I am fascinated by the number of "disruptive technologies"
That are appearing on my limited radar - if you know of any others dump them here - we can tidy them up and may e start a thread - it would be fascinating to see what HN thinks are disruptive within the next five years
Me:
Military:
- directed energy weapons. Real life trials of 25kw weapons
Have shown ability to instantly deliver plastic explosive levels of energy (1g PETN ~ 1kj). Link this to optical targeting and you have ability to cut the wings off an entire airforce, stop any human walking a Ross miles of ground and plain old assassination from a drone.
The US has more aircraft carriers than most of the res of the world. What now?
Transport:
- driverless car - natch
- electric cars - storage batteries could supply off line grid level storage too
Energy
- solar power from desert to city
- grid level storage from LmBC
I think one of the most important disruptive technologies I've noticed over the years is the production of electrostatically controlled nano-valves. This (in my limited opinion) is on par with the "trick" life got involved with many billions of years ago when it chanced on lipid bi-layers with embedded protein gates. It promises a level of material science that is ultimately a phase transition in complexity for life. With the Nokia/Graphene news recently I am confidently hopeful that this technology will produce huge advances.
yeah I can dig that, there's a hell of a lead-in for any nano-tech.
I guess this trick is different because it's a process or function - similar in vein to those used in the nano-tech drug delivery systems. Which, if you think about it, are very similar (in kind) to viruses in the way they work. Whereas the nano-valve allows the (directed/conscious/intelligent) production of controlled environments - which are similar to cellular structures.
When I first read about it I figured it would be jumped on straight away by the big material science players like Intel or IBM for the production of VERY highly controlled doping for instance. Which is why I think it could be accelerated in it's development in comparison to other nano-tech. But I'm no expert in this area. I'm just interested in the intersection between technological solutions and biological solutions and nano-tech is a big ping on my radar in that respect.

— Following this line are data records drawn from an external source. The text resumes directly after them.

-- ===== src/Occupancy/Cells.antt =====
-- The runs that Occupancy::Of (src/reduce/occupancy.cc) reads off the cells that regions occupy.
use carta_zarr.Base.{
  ℕ, zero, suc, ◌+◌, ◌-◌, ◌*◌, ◌/◌, ◌%◌, ◌^◌, ◌<◌, ◌≤◌, ◌≡◌, refl, sym, ap, ◌∙◌, List, [], ◌∷◌,
  ◌++◌, append_assoc, append-nil, arith, ◌==◌, Bool-cases, inl, inr, add64, add64_lem, ==→eq,
}
use carta_zarr.Occupancy.{ColumnRun, OccupiedRow, add_column, add_cell, occupied_rows}
use native.Mathlib.Nat.{mod-lt, mod-add-div'}

-- The cells `at`, `at + 1`, …, so many of them.
abbrev pub cells_from : ℕ → ℕ → List ℕ
cells_from at zero = []
cells_from at (suc n) = at ∷ cells_from (suc at) n

-- The cells of a row's runs, and of all the rows.
abbrev pub run_cells : ℕ → List ColumnRun → List ℕ
run_cells start [] = []
run_cells start (run ∷ runs) =
    cells_from (start + run.first) (suc run.last - run.first) ++ run_cells start runs

abbrev pub row_cells : ℕ → List OccupiedRow → List ℕ
row_cells columns [] = []
row_cells columns (r ∷ rows) = run_cells (r.row * columns) r.runs ++ row_cells columns rows

-- Every run is within a row of so many columns.
abbrev pub AreRuns : ℕ → List ColumnRun → Type 0
AreRuns columns [] = Unit
AreRuns columns (run ∷ runs) = (run.first ≤ run.last) × (run.last < columns) × AreRuns columns runs

abbrev pub AreRows : ℕ → List OccupiedRow → Type 0
AreRows columns [] = Unit
AreRows columns (r ∷ rows) = AreRuns columns r.runs × AreRows columns rows

cells_from_more : (at n : ℕ) → cells_from at (suc n) ≡ cells_from at n ++ ((at + n) ∷ [])
cells_from_more at zero = let e : at + 0 ≡ at = omega arith in rw e refl
cells_from_more at (suc n) =
    let e : suc at + n ≡ at + suc n = omega arith in
    ap (λ (t : List ℕ). at ∷ t)
      (cells_from_more (suc at) n ∙ ap (λ (k : ℕ). cells_from (suc at) n ++ (k ∷ [])) e)

one_cell :
    (start column : ℕ) → cells_from (start + column) (suc column - column) ≡ (start + column) ∷ []
one_cell start column = let e : suc column - column ≡ 1 = omega arith in rw e refl

longer :
    (start first last column : ℕ)
    → first ≤ last
    → column ≡ last + 1
    → cells_from (start + first) (suc column - first)
      ≡ cells_from (start + first) (suc last - first) ++ ((start + column) ∷ [])
longer start first last column f e =
    let count : suc column - first ≡ suc (suc last - first) = omega arith in
    let at : start + first + (suc last - first) ≡ start + column = omega arith in
    rw count (
      cells_from_more (start + first) (suc last - first)
      ∙ ap (λ (k : ℕ). cells_from (start + first) (suc last - first) ++ (k ∷ [])) at)

module _ (columns : ℕ) (few : columns < 2 ^ 64) where
  add_column-cells :
      (start : ℕ) (runs : List ColumnRun) (column : ℕ)
      → AreRuns columns runs
      → column < columns
      → run_cells start (add_column runs column) ≡ run_cells start runs ++ ((start + column) ∷ [])
  unfolding add_column
  add_column-cells start [] column v c = append-nil _ ∙ one_cell start column
  add_column-cells start (run ∷ []) column (f, l, v) c =
      elim (Bool-cases (add64 run.last 1 == column)) [
        | inl next ↦
            rw (next, append-nil (cells_from (start + run.first) (suc run.last - run.first)))
              (append-nil _
                ∙ longer start run.first run.last column f
                    (sym (==→eq _ _ next) ∙ add64_lem run.last 1 (omega arith)))
        | inr gap ↦
            rw
              (
                gap,
                append-nil (cells_from (start + run.first) (suc run.last - run.first)),
                append-nil (cells_from (start + column) (suc column - column)),
                one_cell start column,
              )
              refl
      ]
  add_column-cells start (run ∷ next ∷ runs) column (f, l, v) c =
      ap (λ (t : List ℕ). cells_from (start + run.first) (suc run.last - run.first) ++ t)
        (add_column-cells start (next ∷ runs) column v c)
      ∙ sym (append_assoc (cells_from (start + run.first) (suc run.last - run.first)) _ _)

  add_column-AreRuns :
      (runs : List ColumnRun) (column : ℕ)
      → AreRuns columns runs
      → column < columns
      → AreRuns columns (add_column runs column)
  unfolding add_column
  add_column-AreRuns [] column v c = (omega arith, c, tt)
  add_column-AreRuns (run ∷ []) column (f, l, v) c =
      elim (Bool-cases (add64 run.last 1 == column)) [
        | inl next ↦
            rw next (omega (arith, ==→eq _ _ next, add64_lem run.last 1 (omega arith)), c, tt)
        | inr gap ↦ rw gap (f, l, (omega arith, c, tt))
      ]
  add_column-AreRuns (run ∷ next ∷ runs) column (f, l, v) c =
      (f, l, add_column-AreRuns (next ∷ runs) column v c)

  add_cell-cells :
      (rows : List OccupiedRow) (row column : ℕ)
      → AreRows columns rows
      → column < columns
      → row_cells columns (add_cell rows row column)
        ≡ row_cells columns rows ++ ((row * columns + column) ∷ [])
  unfolding add_cell
  add_cell-cells [] row column v c = append-nil _ ∙ add_column-cells (row * columns) [] column tt c
  add_cell-cells (r ∷ []) row column (here, v) c = elim (Bool-cases (r.row == row)) [
    | inl same ↦
        rw (same, append-nil (run_cells (r.row * columns) r.runs))
          (append-nil _
            ∙ add_column-cells (r.row * columns) r.runs column here c
            ∙ ap (λ (k : ℕ). run_cells (r.row * columns) r.runs ++ ((k * columns + column) ∷ []))
                (==→eq r.row row same))
    | inr below ↦
        rw
          (
            below,
            append-nil (run_cells (r.row * columns) r.runs),
            append-nil (run_cells (row * columns) (add_column [] column)),
          )
          (ap (λ (t : List ℕ). run_cells (r.row * columns) r.runs ++ t)
            (add_column-cells (row * columns) [] column tt c))
  ]
  add_cell-cells (r ∷ next ∷ rows) row column (here, v) c =
      ap (λ (t : List ℕ). run_cells (r.row * columns) r.runs ++ t)
        (add_cell-cells (next ∷ rows) row column v c)
      ∙ sym (append_assoc (run_cells (r.row * columns) r.runs) _ _)

  add_cell-AreRows :
      (rows : List OccupiedRow) (row column : ℕ)
      → AreRows columns rows
      → column < columns
      → AreRows columns (add_cell rows row column)
  unfolding add_cell
  add_cell-AreRows [] row column v c = (add_column-AreRuns [] column tt c, tt)
  add_cell-AreRows (r ∷ []) row column (here, v) c = elim (Bool-cases (r.row == row)) [
    | inl same ↦ rw same (add_column-AreRuns r.runs column here c, tt)
    | inr below ↦ rw below (here, (add_column-AreRuns [] column tt c, tt))
  ]
  add_cell-AreRows (r ∷ next ∷ rows) row column (here, v) c =
      (here, add_cell-AreRows (next ∷ rows) row column v c)

  occupied_rows-more :
      (cells : List ℕ) (rows : List OccupiedRow)
      → 0 < columns
      → AreRows columns rows
      → row_cells columns (occupied_rows columns cells rows) ≡ row_cells columns rows ++ cells
  unfolding occupied_rows
  occupied_rows-more [] rows p v = sym (append-nil _)
  occupied_rows-more (cell ∷ cells) rows p v =
      let inside : cell % columns < columns = mod-lt cell p in
      let back : cell / columns * columns + cell % columns ≡ cell =
        omega (arith, mod-add-div' cell columns) in
      occupied_rows-more cells (add_cell rows (cell / columns) (cell % columns)) p
        (add_cell-AreRows rows (cell / columns) (cell % columns) v inside)
      ∙ ap (λ (t : List ℕ). t ++ cells)
          (add_cell-cells rows (cell / columns) (cell % columns) v inside)
      ∙ append_assoc (row_cells columns rows) _ cells
      ∙ ap (λ (k : ℕ). row_cells columns rows ++ (k ∷ cells)) back

  pub occupied_rows-AreRows :
      (cells : List ℕ) (rows : List OccupiedRow)
      → 0 < columns
      → AreRows columns rows
      → AreRows columns (occupied_rows columns cells rows)
  unfolding occupied_rows
  occupied_rows-AreRows [] rows p v = v
  occupied_rows-AreRows (cell ∷ cells) rows p v =
      occupied_rows-AreRows cells (add_cell rows (cell / columns) (cell % columns)) p
        (add_cell-AreRows rows (cell / columns) (cell % columns) v (mod-lt cell p))

  -- The rows that Occupancy::Of reads off its occupied cells, of a grid of one column or more and fewer
  -- than 2^64: the cells of
  -- their runs, row by row and run by run, are those cells, each as often as it was there and in the
  -- order that they were in.
  pub occupied_rows_cells :
      (cells : List ℕ) → 0 < columns → row_cells columns (occupied_rows columns cells []) ≡ cells
  occupied_rows_cells cells p = occupied_rows-more cells [] p tt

To me it represents a phase-transition in the development of life. First we had utilisation of latent energy, self replication, environmental stabilisation (cellular), multi-cellular structure, agent based systems, environmental stabilisation (social), meta-agency ("knowledge" and "culture") and now meta-matter. But as I say, this is not the considered analysis of an expert, just something I find intriguing. In my wildest dreams this new phase will attain stability and the descendents will look back on our current phase like we now do with mitochondria. (Suffice to say I'm a fan of "Deep Time").
This is what I like about the world focusing more and more on renewable energy. You get more billions of dollars being invested in the technologies to make them better and cheaper, and you get more scientists focusing on the problems, and coming up with more and more unique ways to solve the problems.
The US prices listed on that diagram are at the pump (i.e. they include taxes). If that diagram is accurate, why isn't Europe, where typical pump prices reliably exceed $8/gallon, already running on hybrid cars?
The "Ceder Group" mentioned in the article has a cleverly-chosen name. While Dr. Ceder runs the group, its name also is an acronym for "Computational and Experimental Design of Emerging materials Research".